Go through the lines below. Copy those with "person".
─── MATERIAL PROVIDED ───
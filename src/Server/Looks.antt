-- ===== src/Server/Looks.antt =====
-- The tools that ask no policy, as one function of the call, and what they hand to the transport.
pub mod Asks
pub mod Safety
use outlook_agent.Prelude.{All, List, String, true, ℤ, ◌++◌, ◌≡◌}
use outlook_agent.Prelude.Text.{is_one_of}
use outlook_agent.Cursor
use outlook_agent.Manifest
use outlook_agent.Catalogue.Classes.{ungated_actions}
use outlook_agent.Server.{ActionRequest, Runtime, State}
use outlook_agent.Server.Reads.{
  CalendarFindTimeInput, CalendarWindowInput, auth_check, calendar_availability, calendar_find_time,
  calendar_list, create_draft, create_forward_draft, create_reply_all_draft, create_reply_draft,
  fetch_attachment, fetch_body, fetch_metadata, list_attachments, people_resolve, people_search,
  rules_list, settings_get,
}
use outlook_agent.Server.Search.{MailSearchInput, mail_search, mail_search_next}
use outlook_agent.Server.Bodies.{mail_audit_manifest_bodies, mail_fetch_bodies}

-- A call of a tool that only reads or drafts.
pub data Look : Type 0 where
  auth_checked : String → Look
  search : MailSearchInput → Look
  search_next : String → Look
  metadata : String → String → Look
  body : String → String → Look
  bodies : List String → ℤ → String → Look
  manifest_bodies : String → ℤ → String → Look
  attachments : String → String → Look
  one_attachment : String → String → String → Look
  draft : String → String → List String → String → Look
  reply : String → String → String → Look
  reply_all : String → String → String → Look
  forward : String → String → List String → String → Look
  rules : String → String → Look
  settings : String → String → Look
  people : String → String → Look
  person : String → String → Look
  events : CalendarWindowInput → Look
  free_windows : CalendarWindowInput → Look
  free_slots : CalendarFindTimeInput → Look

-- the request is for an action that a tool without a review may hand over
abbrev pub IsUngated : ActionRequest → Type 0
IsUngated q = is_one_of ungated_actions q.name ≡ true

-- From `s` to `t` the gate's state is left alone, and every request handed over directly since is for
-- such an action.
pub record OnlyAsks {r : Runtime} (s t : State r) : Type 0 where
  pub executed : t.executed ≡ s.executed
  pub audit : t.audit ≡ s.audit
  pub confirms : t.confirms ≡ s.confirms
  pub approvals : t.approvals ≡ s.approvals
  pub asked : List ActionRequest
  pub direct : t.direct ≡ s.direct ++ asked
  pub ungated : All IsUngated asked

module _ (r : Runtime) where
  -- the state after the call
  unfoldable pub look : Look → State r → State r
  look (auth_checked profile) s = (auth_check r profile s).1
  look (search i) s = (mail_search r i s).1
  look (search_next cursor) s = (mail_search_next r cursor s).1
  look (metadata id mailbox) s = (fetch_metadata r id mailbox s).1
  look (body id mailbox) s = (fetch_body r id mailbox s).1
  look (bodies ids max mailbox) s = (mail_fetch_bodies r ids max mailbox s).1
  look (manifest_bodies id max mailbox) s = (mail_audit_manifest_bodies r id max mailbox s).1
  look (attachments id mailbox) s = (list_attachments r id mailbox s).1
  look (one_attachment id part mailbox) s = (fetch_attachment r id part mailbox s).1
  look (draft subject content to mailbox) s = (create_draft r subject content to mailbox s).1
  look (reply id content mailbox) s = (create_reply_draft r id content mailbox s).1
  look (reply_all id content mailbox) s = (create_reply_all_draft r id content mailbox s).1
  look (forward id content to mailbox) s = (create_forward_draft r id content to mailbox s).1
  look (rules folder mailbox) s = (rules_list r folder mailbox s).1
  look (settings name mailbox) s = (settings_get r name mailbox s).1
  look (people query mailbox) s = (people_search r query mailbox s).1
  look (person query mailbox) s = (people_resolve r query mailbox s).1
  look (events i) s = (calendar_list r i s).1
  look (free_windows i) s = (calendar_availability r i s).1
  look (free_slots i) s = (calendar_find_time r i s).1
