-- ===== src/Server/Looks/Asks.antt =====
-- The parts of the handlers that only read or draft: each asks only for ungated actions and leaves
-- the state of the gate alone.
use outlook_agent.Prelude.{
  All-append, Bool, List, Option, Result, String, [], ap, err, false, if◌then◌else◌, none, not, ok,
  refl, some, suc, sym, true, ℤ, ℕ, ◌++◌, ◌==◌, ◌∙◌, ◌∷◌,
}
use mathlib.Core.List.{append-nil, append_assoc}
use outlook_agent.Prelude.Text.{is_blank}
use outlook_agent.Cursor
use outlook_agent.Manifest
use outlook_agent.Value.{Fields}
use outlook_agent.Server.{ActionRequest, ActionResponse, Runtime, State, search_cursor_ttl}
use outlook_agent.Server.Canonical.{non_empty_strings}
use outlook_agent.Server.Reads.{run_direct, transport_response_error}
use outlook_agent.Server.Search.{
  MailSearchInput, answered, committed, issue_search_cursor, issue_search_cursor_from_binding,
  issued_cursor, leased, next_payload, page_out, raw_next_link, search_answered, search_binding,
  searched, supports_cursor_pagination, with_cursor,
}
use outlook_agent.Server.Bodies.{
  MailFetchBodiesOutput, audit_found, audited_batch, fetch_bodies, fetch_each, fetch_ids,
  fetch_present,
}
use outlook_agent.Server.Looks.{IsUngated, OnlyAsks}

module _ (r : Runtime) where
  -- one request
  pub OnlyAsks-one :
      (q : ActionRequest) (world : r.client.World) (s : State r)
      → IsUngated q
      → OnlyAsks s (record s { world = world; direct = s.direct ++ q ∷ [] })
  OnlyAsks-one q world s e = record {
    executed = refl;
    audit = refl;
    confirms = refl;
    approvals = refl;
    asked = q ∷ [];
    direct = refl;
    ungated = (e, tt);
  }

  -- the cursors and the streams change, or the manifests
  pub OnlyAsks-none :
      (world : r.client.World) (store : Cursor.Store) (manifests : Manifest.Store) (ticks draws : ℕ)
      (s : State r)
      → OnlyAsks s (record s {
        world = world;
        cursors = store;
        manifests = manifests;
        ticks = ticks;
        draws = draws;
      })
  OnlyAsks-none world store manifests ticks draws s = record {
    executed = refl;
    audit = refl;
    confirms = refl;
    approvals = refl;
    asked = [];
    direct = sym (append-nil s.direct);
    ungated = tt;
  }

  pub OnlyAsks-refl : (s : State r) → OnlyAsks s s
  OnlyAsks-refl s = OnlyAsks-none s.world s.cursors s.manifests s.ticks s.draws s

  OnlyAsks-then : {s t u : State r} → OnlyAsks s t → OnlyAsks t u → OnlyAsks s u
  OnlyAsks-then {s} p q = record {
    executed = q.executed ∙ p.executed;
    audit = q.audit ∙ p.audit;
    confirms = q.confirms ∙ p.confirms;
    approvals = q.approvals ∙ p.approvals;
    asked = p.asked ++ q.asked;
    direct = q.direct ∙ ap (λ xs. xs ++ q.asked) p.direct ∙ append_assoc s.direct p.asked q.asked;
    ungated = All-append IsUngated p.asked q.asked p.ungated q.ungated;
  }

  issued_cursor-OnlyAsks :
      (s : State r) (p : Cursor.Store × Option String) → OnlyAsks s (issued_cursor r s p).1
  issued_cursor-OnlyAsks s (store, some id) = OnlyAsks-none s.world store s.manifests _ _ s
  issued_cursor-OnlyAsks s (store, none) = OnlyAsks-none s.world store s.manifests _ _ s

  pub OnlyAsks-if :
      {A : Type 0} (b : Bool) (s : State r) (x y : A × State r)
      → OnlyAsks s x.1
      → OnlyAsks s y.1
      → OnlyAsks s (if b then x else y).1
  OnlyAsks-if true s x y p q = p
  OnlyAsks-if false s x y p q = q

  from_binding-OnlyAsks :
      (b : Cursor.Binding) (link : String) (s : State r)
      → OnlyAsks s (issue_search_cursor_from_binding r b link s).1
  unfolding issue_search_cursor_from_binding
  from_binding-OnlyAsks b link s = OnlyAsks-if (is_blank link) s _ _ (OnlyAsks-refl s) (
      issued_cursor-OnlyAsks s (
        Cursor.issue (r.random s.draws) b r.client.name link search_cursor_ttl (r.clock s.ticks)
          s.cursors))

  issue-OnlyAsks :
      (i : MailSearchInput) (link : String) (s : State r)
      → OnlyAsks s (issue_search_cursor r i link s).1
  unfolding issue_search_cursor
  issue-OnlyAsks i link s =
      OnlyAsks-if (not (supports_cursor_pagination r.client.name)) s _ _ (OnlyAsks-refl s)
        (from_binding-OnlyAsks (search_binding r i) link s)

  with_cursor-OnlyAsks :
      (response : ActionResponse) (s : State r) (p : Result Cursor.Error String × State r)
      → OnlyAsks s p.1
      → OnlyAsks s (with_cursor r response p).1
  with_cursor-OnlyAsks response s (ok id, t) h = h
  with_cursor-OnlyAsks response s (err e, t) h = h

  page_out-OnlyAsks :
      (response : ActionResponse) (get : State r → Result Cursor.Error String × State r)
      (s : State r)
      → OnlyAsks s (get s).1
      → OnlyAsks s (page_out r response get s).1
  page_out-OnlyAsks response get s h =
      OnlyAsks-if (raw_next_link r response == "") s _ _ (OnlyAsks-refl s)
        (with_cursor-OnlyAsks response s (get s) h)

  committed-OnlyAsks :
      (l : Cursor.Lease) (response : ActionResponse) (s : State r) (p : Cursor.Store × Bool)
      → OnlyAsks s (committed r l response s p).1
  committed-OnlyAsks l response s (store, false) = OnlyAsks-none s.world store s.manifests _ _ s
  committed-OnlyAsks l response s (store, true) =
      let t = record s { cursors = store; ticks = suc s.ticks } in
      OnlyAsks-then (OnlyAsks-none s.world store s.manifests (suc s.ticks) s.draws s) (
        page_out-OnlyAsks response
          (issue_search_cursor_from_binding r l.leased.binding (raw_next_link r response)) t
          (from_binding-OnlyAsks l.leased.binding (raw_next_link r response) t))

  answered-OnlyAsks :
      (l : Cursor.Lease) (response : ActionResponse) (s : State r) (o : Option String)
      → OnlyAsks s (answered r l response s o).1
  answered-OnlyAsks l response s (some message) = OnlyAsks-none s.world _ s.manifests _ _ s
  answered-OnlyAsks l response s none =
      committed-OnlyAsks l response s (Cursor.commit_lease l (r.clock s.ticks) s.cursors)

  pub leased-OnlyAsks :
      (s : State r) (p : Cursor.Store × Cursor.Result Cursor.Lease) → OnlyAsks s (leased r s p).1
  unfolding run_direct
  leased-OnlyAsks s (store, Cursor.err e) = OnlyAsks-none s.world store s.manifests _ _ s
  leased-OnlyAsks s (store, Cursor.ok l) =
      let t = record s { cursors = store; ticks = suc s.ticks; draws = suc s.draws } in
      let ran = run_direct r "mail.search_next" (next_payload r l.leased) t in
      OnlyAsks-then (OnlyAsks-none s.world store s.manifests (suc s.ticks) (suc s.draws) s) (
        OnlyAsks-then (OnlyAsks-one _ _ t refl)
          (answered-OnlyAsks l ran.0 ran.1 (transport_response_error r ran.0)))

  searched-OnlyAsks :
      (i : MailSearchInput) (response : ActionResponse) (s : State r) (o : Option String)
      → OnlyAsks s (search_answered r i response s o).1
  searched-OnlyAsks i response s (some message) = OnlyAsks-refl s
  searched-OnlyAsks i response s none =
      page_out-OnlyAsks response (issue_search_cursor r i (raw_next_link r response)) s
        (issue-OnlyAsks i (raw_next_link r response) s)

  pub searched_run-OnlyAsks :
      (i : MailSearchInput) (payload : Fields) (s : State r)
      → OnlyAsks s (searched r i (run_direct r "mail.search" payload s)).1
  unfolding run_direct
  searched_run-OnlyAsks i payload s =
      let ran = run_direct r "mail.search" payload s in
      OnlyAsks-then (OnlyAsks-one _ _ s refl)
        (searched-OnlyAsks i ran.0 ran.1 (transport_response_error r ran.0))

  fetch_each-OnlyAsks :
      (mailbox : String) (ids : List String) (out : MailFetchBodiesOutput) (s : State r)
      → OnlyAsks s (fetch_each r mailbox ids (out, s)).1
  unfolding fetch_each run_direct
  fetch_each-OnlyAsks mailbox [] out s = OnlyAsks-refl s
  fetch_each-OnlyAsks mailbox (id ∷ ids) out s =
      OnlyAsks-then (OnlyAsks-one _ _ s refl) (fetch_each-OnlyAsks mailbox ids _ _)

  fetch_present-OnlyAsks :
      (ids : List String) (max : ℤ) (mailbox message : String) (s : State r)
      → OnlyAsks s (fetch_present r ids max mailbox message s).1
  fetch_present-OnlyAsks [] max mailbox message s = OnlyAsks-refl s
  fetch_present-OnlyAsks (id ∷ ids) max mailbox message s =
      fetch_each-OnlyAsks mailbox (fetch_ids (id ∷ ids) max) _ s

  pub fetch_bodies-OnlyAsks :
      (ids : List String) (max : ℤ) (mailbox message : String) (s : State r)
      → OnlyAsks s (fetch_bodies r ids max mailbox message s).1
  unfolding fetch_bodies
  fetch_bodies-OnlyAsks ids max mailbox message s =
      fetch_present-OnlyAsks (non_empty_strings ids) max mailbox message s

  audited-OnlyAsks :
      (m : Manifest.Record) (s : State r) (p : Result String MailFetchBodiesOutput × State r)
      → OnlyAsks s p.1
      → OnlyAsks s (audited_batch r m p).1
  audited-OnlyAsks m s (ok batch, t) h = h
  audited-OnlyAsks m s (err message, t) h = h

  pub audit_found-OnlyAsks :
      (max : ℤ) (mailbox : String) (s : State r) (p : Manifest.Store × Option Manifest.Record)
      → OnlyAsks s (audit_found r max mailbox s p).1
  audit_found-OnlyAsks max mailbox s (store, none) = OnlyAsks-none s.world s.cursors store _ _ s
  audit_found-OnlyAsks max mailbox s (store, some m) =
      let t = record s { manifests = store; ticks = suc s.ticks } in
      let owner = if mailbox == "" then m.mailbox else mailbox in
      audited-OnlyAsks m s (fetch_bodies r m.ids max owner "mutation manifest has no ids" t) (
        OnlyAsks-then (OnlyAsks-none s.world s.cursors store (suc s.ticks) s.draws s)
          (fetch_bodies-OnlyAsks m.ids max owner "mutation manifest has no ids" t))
───
* _SOLUTION TO THIS TASK_
  person : String → String → Look
  look (person query mailbox) s = (people_resolve r query mailbox s).1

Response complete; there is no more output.